Exercise
Output the data below exactly.
________________
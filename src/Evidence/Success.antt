-- ===== src/Evidence/Success.antt =====
-- What a submission that succeeds has recorded.
use musts.Base.{
  ◌≡◌, refl, sym, ◌∙◌, ap, true, ◌&&◌, some, List, [], ◌∷◌, arith, inl, inr, Bool-cases,
  Option-cases,
}
use musts.Base.Order.{◌==◌, ==_iff, nat_ord, pair_ord, list_ord}
use musts.Base.Text.{Text}
use musts.Base.Lists
use musts.Base.Map.{BTreeMap}
use musts.Base.Result.{ok, Result-cases}
use musts.Protocol.{EvidenceAsset, EvidenceValidationResponse}
use musts.Ledger.{entry}
use musts.Database.{StoredTask, is_green, fetch_task}
use musts.Session.{Session}
use musts.Evidence.Defs.{
  Env, SubmissionInputs, EvidenceSubmissionResult, persist_accepted, stored_hash, with_hashes,
}
use musts.Evidence.Submit.{
  stored_satisfies, stored_hashes, evidence_of, split_claims, accept, reject, conclude,
  submit_stored, submit,
}
use musts.Evidence.Persist.{Recorded, persist_accepted-Recorded}
use musts.Evidence.Freshness.{submit_stored-cases, submit-eq-submit_stored}

-- Each listed check is paired with its stored hash.
with_hashes_complete :
    (hashes : BTreeMap Text Text) (ids : List Text) (c : Text)
    → Lists.contains c ids ≡ true
    → Lists.contains (entry c (stored_hash hashes c)) (with_hashes hashes ids) ≡ true
unfolding with_hashes Lists.contains
with_hashes_complete hashes [] c m = cc
with_hashes_complete hashes (id ∷ ids) c m = elim (Bool-cases (c == id)) [
  | inl same ↦ ground (
    arith,
    (==_iff (entry c (stored_hash hashes c)) (entry id (stored_hash hashes id))).1
        (ap (λ x. entry x (stored_hash hashes x)) ((==_iff c id).0 same)),
  )
  | inr other ↦ ground (arith, other, m, with_hashes_complete hashes ids c)
]

-- Accepted and unexpected claims are the claims, told apart by the task.
split_claims-accepted :
    (stored ids : List Text) (c : Text)
    → Lists.contains c (split_claims stored ids).0
      ≡ (Lists.contains c ids && Lists.contains c stored)
unfolding split_claims Lists.contains
split_claims-accepted stored [] c = refl
split_claims-accepted stored (id ∷ ids) c = elim (Bool-cases (c == id)) [
  | inl same ↦ ground (
    arith,
    same,
    split_claims-accepted stored ids c,
    ap (λ x. Lists.contains x stored) ((==_iff c id).0 same),
  )
  | inr other ↦ ground (arith, other, split_claims-accepted stored ids c)
]

module _ (env : Env) (inputs : SubmissionInputs) where
  accept-success :
      (stored : StoredTask) (assets : List EvidenceAsset) (response : EvidenceValidationResponse)
      (claims : List Text × List Text) (s s' : Session) (result : EvidenceSubmissionResult)
      → accept env inputs stored assets response claims s ≡ (ok result, s')
      → (result.satisfied ≡ claims.0)
        × (claims.1 ≡ [])
        × (persist_accepted env
              (evidence_of env inputs
                (with_hashes (stored_hashes env stored) claims.0)
                response.summary
                assets
                response)
              s
            ≡ (ok tt, s'))
  unfolding accept
  accept-success stored assets response (accepted_now, x ∷ xs) s s' result done =
      absurd (ground arith)
  accept-success stored assets response (accepted_now, []) s s' result done =
      elim (Result-cases
        (persist_accepted env
          (evidence_of env inputs (with_hashes (stored_hashes env stored) accepted_now)
            response.summary assets response)
          s).0) [
            | inl (u, p) ↦ ground (arith, p, done)
            | inr (x, p) ↦ absurd (ground (arith, p, done))
          ]

  conclude-success :
      (stored : StoredTask) (assets : List EvidenceAsset) (response : EvidenceValidationResponse)
      (s s' : Session) (result : EvidenceSubmissionResult)
      → conclude env inputs stored assets response s ≡ (ok result, s')
      → accept env inputs stored assets response
          (split_claims (stored_satisfies env stored) response.satisfies)
          s
        ≡ (ok result, s')
  unfolding conclude reject
  conclude-success stored assets response s s' result done = elim (Bool-cases response.accepted) [
    | inl taken ↦ ground (arith, taken, done)
    | inr declined ↦ absurd (ground (arith, declined, done))
  ]

  submit_stored-success :
      (stored : StoredTask) (s s' : Session) (result : EvidenceSubmissionResult)
      → submit_stored env inputs stored s ≡ (ok result, s')
      → (assets : List EvidenceAsset) × (response : EvidenceValidationResponse) × (t : Session)
        × (conclude env inputs stored assets response t ≡ (ok result, s'))
  submit_stored-success stored s s' result done = elim (submit_stored-cases env inputs stored s) [
    | inl (x, failed) ↦ absurd (ground (arith, done, failed))
    | inr (inl (x, failed)) ↦ absurd (ground (arith, done, failed))
    | inr (inr (fresh, (assets, response, concluded))) ↦
        (assets, response, (env.compute_current_scope_hashes s).1, sym concluded ∙ done)
  ]

  stored-Recorded :
      (stored : StoredTask) (s s' : Session) (result : EvidenceSubmissionResult) (c : Text)
      → submit_stored env inputs stored s ≡ (ok result, s')
      → Lists.contains c result.satisfied ≡ true
      → (Lists.contains c (stored_satisfies env stored) ≡ true)
        × (is_green s'.db c (stored_hash (stored_hashes env stored) c) ≡ true)
        × Recorded env s' c (stored_hash (stored_hashes env stored) c)
  stored-Recorded stored s s' result c done listed =
      let (assets, response, t, concluded) = submit_stored-success stored s s' result done in
      let claims = split_claims (stored_satisfies env stored) response.satisfies in
      let (reported, none_else, persisted) =
        accept-success stored assets response claims t s' result
          (conclude-success stored assets response t s' result concluded) in
      let here : Lists.contains c claims.0 ≡ true = ap (Lists.contains c) (sym reported) ∙ listed in
      let (green, recorded) =
        (persist_accepted-Recorded env
            (evidence_of env inputs (with_hashes (stored_hashes env stored) claims.0)
              response.summary assets response)
            t s' c (stored_hash (stored_hashes env stored) c) persisted).0
          (with_hashes_complete (stored_hashes env stored) claims.0 c here) in
      (
        ground
            (arith, here, split_claims-accepted (stored_satisfies env stored) response.satisfies c),
        green,
        recorded,
      )

  -- Once a submission succeeds, its task is stored, and each check that it reports satisfied is
  -- one of the task, is green in the database for the hash that was stored with the task, and is
  -- recorded on disk for that hash: the ledger file loads to a ledger with the pair, or is what
  -- `save` writes of one.
  pub submit-Recorded :
      (s s' : Session) (result : EvidenceSubmissionResult) (c : Text)
      → submit env inputs s ≡ (ok result, s')
      → Lists.contains c result.satisfied ≡ true
      → (stored : StoredTask) × (fetch_task inputs.task_id s.db ≡ some stored)
        × (Lists.contains c (stored_satisfies env stored) ≡ true)
        × (is_green s'.db c (stored_hash (stored_hashes env stored) c) ≡ true)
        × Recorded env s' c (stored_hash (stored_hashes env stored) c)
  unfolding submit
  submit-Recorded s s' result c done listed = elim (Option-cases (fetch_task inputs.task_id s.db)) [
    | inl missing ↦ absurd (ground (arith, missing, done))
    | inr (stored, found) ↦
        let (mine, green, recorded) =
          stored-Recorded stored s s' result c
            (sym (submit-eq-submit_stored env inputs stored s found) ∙ done) listed in
        (stored, found, mine, green, recorded)
  ]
________________
Completed task
filename src/Evidence/Success.antt
-- ===== src/Evidence/Success.antt =====
-- What a submission that succeeds has recorded.
use musts.Base.{
  ◌≡◌, refl, sym, ◌∙◌, ap, true, ◌&&◌, some, List, [], ◌∷◌, arith, inl, inr, Bool-cases,
  Option-cases,
}
use musts.Base.Order.{◌==◌, ==_iff, nat_ord, pair_ord, list_ord}
use musts.Base.Text.{Text}
use musts.Base.Lists
use musts.Base.Map.{BTreeMap}
use musts.Base.Result.{ok, Result-cases}
use musts.Protocol.{EvidenceAsset, EvidenceValidationResponse}
use musts.Ledger.{entry}
use musts.Database.{StoredTask, is_green, fetch_task}
use musts.Session.{Session}
use musts.Evidence.Defs.{
  Env, SubmissionInputs, EvidenceSubmissionResult, persist_accepted, stored_hash, with_hashes,
}
use musts.Evidence.Submit.{
  stored_satisfies, stored_hashes, evidence_of, split_claims, accept, reject, conclude,
  submit_stored, submit,
}
use musts.Evidence.Persist.{Recorded, persist_accepted-Recorded}
use musts.Evidence.Freshness.{submit_stored-cases, submit-eq-submit_stored}

-- Each listed check is paired with its stored hash.
with_hashes_complete :
    (hashes : BTreeMap Text Text) (ids : List Text) (c : Text)
    → Lists.contains c ids ≡ true
    → Lists.contains (entry c (stored_hash hashes c)) (with_hashes hashes ids) ≡ true
unfolding with_hashes Lists.contains
with_hashes_complete hashes [] c m = cc
with_hashes_complete hashes (id ∷ ids) c m = elim (Bool-cases (c == id)) [
  | inl same ↦ ground (
    arith,
    (==_iff (entry c (stored_hash hashes c)) (entry id (stored_hash hashes id))).1
        (ap (λ x. entry x (stored_hash hashes x)) ((==_iff c id).0 same)),
  )
  | inr other ↦ ground (arith, other, m, with_hashes_complete hashes ids c)
]

-- Accepted and unexpected claims are the claims, told apart by the task.
split_claims-accepted :
    (stored ids : List Text) (c : Text)
    → Lists.contains c (split_claims stored ids).0
      ≡ (Lists.contains c ids && Lists.contains c stored)
unfolding split_claims Lists.contains
split_claims-accepted stored [] c = refl
split_claims-accepted stored (id ∷ ids) c = elim (Bool-cases (c == id)) [
  | inl same ↦ ground (
    arith,
    same,
    split_claims-accepted stored ids c,
    ap (λ x. Lists.contains x stored) ((==_iff c id).0 same),
  )
  | inr other ↦ ground (arith, other, split_claims-accepted stored ids c)
]

module _ (env : Env) (inputs : SubmissionInputs) where
  accept-success :
      (stored : StoredTask) (assets : List EvidenceAsset) (response : EvidenceValidationResponse)
      (claims : List Text × List Text) (s s' : Session) (result : EvidenceSubmissionResult)
      → accept env inputs stored assets response claims s ≡ (ok result, s')
      → (result.satisfied ≡ claims.0)
        × (claims.1 ≡ [])
        × (persist_accepted env
              (evidence_of env inputs
                (with_hashes (stored_hashes env stored) claims.0)
                response.summary
                assets
                response)
              s
            ≡ (ok tt, s'))
  unfolding accept
  accept-success stored assets response (accepted_now, x ∷ xs) s s' result done =
      absurd (ground arith)
  accept-success stored assets response (accepted_now, []) s s' result done =
      elim (Result-cases
        (persist_accepted env
          (evidence_of env inputs (with_hashes (stored_hashes env stored) accepted_now)
            response.summary assets response)
          s).0) [
            | inl (u, p) ↦ ground (arith, p, done)
            | inr (x, p) ↦ absurd (ground (arith, p, done))
          ]

  conclude-success :
      (stored : StoredTask) (assets : List EvidenceAsset) (response : EvidenceValidationResponse)
      (s s' : Session) (result : EvidenceSubmissionResult)
      → conclude env inputs stored assets response s ≡ (ok result, s')
      → accept env inputs stored assets response
          (split_claims (stored_satisfies env stored) response.satisfies)
          s
        ≡ (ok result, s')
  unfolding conclude reject
  conclude-success stored assets response s s' result done = elim (Bool-cases response.accepted) [
    | inl taken ↦ ground (arith, taken, done)
    | inr declined ↦ absurd (ground (arith, declined, done))
  ]

  submit_stored-success :
      (stored : StoredTask) (s s' : Session) (result : EvidenceSubmissionResult)
      → submit_stored env inputs stored s ≡ (ok result, s')
      → (assets : List EvidenceAsset) × (response : EvidenceValidationResponse) × (t : Session)
        × (conclude env inputs stored assets response t ≡ (ok result, s'))
  submit_stored-success stored s s' result done = elim (submit_stored-cases env inputs stored s) [
    | inl (x, failed) ↦ absurd (ground (arith, done, failed))
    | inr (inl (x, failed)) ↦ absurd (ground (arith, done, failed))
    | inr (inr (fresh, (assets, response, concluded))) ↦
        (assets, response, (env.compute_current_scope_hashes s).1, sym concluded ∙ done)
  ]

  stored-Recorded :
      (stored : StoredTask) (s s' : Session) (result : EvidenceSubmissionResult) (c : Text)
      → submit_stored env inputs stored s ≡ (ok result, s')
      → Lists.contains c result.satisfied ≡ true
      → (Lists.contains c (stored_satisfies env stored) ≡ true)
        × (is_green s'.db c (stored_hash (stored_hashes env stored) c) ≡ true)
        × Recorded env s' c (stored_hash (stored_hashes env stored) c)
  stored-Recorded stored s s' result c done listed =
      let (assets, response, t, concluded) = submit_stored-success stored s s' result done in
      let claims = split_claims (stored_satisfies env stored) response.satisfies in
      let (reported, none_else, persisted) =
        accept-success stored assets response claims t s' result
          (conclude-success stored assets response t s' result concluded) in
      let here : Lists.contains c claims.0 ≡ true = ap (Lists.contains c) (sym reported) ∙ listed in
      let (green, recorded) =
        (persist_accepted-Recorded env
            (evidence_of env inputs (with_hashes (stored_hashes env stored) claims.0)
              response.summary assets response)
            t s' c (stored_hash (stored_hashes env stored) c) persisted).0
          (with_hashes_complete (stored_hashes env stored) claims.0 c here) in
      (
        ground
            (arith, here, split_claims-accepted (stored_satisfies env stored) response.satisfies c),
        green,
        recorded,
      )

  -- Once a submission succeeds, its task is stored, and each check that it reports satisfied is
  -- one of the task, is green in the database for the hash that was stored with the task, and is
  -- recorded on disk for that hash: the ledger file loads to a ledger with the pair, or is what
  -- `save` writes of one.
  pub submit-Recorded :
      (s s' : Session) (result : EvidenceSubmissionResult) (c : Text)
      → submit env inputs s ≡ (ok result, s')
      → Lists.contains c result.satisfied ≡ true
      → (stored : StoredTask) × (fetch_task inputs.task_id s.db ≡ some stored)
        × (Lists.contains c (stored_satisfies env stored) ≡ true)
        × (is_green s'.db c (stored_hash (stored_hashes env stored) c) ≡ true)
        × Recorded env s' c (stored_hash (stored_hashes env stored) c)
  unfolding submit
  submit-Recorded s s' result c done listed = elim (Option-cases (fetch_task inputs.task_id s.db)) [
    | inl missing ↦ absurd (ground (arith, missing, done))
    | inr (stored, found) ↦
        let (mine, green, recorded) =
          stored-Recorded stored s s' result c
            (sym (submit-eq-submit_stored env inputs stored s found) ∙ done) listed in
        (stored, found, mine, green, recorded)
  ]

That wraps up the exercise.